## Provided entries
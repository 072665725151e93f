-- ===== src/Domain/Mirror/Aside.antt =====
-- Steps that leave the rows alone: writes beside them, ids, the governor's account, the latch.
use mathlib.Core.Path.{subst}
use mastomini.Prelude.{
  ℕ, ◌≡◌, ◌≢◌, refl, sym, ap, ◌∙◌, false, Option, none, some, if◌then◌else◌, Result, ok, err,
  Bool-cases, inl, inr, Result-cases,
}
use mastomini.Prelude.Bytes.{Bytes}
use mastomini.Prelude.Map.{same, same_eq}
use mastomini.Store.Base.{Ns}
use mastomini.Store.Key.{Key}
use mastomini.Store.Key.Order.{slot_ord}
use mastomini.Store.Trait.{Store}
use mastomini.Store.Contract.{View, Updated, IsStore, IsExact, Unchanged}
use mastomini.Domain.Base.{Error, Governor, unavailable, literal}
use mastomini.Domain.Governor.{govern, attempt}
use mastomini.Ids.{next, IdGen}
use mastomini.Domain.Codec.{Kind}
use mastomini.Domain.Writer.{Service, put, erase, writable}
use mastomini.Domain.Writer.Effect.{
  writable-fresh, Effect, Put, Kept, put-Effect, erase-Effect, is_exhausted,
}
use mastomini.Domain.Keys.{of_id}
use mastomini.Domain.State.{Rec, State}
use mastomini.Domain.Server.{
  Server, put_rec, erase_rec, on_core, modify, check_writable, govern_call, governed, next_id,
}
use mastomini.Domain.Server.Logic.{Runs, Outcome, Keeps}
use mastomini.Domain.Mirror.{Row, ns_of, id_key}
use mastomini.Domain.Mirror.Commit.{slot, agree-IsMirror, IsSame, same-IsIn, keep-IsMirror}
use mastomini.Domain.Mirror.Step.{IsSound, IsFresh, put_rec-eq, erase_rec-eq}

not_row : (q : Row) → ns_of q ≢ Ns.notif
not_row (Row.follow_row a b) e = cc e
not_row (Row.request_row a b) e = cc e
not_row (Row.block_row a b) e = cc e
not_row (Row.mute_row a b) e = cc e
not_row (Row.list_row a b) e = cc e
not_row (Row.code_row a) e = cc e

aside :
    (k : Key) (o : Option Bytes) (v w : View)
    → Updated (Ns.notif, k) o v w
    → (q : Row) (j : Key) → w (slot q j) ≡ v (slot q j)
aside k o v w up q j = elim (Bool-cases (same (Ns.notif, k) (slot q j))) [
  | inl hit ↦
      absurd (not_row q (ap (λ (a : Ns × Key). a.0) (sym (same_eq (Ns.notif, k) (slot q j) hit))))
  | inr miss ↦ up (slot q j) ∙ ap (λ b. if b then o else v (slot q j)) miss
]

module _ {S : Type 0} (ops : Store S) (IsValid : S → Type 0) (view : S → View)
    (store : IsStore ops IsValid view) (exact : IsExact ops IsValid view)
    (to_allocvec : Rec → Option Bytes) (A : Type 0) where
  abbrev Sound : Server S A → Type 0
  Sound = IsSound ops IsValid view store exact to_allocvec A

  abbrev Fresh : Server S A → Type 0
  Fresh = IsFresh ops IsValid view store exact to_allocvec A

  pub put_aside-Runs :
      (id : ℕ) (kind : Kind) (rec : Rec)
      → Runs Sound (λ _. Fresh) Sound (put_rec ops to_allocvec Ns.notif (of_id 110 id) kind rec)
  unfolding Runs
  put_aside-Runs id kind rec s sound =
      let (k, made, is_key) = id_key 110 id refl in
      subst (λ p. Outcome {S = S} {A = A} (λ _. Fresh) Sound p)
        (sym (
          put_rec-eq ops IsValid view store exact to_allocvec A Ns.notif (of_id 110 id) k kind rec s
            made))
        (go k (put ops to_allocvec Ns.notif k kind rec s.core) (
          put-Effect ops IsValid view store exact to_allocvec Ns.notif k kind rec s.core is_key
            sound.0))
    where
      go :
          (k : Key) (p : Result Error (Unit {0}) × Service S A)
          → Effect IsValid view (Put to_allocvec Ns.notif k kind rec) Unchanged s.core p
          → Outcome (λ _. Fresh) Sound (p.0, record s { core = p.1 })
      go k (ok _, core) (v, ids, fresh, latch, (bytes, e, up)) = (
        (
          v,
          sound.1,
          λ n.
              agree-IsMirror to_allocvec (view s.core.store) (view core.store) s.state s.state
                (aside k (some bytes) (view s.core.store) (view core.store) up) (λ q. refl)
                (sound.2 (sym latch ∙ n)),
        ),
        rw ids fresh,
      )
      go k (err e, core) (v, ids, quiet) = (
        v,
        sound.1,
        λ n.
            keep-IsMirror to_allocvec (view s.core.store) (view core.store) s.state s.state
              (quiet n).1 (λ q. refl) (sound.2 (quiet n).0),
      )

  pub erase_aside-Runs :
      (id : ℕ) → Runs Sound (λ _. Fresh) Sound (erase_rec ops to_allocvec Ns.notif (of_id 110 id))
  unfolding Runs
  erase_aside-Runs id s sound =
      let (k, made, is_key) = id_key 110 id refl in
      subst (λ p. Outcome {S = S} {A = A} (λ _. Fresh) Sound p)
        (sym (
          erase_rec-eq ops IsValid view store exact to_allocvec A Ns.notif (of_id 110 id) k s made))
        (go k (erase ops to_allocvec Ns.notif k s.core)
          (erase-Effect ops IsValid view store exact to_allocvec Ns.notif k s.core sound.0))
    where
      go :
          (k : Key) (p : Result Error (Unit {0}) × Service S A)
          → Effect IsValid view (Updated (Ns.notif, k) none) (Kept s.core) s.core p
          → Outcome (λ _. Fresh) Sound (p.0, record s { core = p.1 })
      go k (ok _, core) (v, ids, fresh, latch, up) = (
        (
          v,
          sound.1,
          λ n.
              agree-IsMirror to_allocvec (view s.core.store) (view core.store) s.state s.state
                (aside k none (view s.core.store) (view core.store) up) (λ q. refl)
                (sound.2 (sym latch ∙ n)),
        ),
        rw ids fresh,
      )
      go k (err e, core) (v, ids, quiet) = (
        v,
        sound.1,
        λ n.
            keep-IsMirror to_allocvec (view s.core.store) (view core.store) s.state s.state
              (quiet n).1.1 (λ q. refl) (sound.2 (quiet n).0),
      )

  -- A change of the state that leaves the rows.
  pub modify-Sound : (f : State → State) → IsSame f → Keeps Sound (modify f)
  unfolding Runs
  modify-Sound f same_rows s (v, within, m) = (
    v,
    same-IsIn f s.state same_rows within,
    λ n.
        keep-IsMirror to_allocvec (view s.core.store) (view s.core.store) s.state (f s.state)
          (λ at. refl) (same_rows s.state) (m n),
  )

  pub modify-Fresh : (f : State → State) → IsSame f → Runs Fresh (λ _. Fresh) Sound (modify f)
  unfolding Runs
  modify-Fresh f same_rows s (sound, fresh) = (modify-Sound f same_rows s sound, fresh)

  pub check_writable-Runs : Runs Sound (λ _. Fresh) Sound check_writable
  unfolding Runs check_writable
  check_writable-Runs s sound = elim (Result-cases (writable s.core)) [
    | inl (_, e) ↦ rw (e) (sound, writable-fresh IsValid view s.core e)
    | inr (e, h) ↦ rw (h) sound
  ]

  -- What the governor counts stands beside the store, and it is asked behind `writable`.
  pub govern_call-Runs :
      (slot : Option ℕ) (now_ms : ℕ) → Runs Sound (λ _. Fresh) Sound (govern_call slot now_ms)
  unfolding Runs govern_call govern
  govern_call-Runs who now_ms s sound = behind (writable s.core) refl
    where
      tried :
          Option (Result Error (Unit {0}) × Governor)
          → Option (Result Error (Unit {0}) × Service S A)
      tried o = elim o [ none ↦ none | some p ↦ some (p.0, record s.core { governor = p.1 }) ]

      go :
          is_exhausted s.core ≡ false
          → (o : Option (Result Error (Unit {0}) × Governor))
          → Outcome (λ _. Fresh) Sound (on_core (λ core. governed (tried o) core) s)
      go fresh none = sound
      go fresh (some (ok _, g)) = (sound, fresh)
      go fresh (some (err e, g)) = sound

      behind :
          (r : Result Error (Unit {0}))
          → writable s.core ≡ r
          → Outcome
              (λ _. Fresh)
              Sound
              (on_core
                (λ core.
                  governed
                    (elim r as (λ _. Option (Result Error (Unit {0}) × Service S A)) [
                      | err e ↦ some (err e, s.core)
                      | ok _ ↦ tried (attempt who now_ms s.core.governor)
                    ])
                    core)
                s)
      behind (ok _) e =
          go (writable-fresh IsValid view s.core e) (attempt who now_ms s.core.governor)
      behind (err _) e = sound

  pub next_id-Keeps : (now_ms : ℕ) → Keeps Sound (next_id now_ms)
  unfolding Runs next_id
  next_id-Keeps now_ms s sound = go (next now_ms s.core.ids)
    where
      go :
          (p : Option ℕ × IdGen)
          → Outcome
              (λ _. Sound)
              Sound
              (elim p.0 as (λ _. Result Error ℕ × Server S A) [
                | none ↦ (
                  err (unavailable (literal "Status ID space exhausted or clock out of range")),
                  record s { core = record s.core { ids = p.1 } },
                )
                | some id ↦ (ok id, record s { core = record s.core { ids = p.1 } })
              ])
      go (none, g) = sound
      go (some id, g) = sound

## Requirement
Search the records for the word "cases", then list every line that has it.

## Response for this exercise
  Bool-cases, inl, inr, Result-cases,
aside k o v w up q j = elim (Bool-cases (same (Ns.notif, k) (slot q j))) [
  check_writable-Runs s sound = elim (Result-cases (writable s.core)) [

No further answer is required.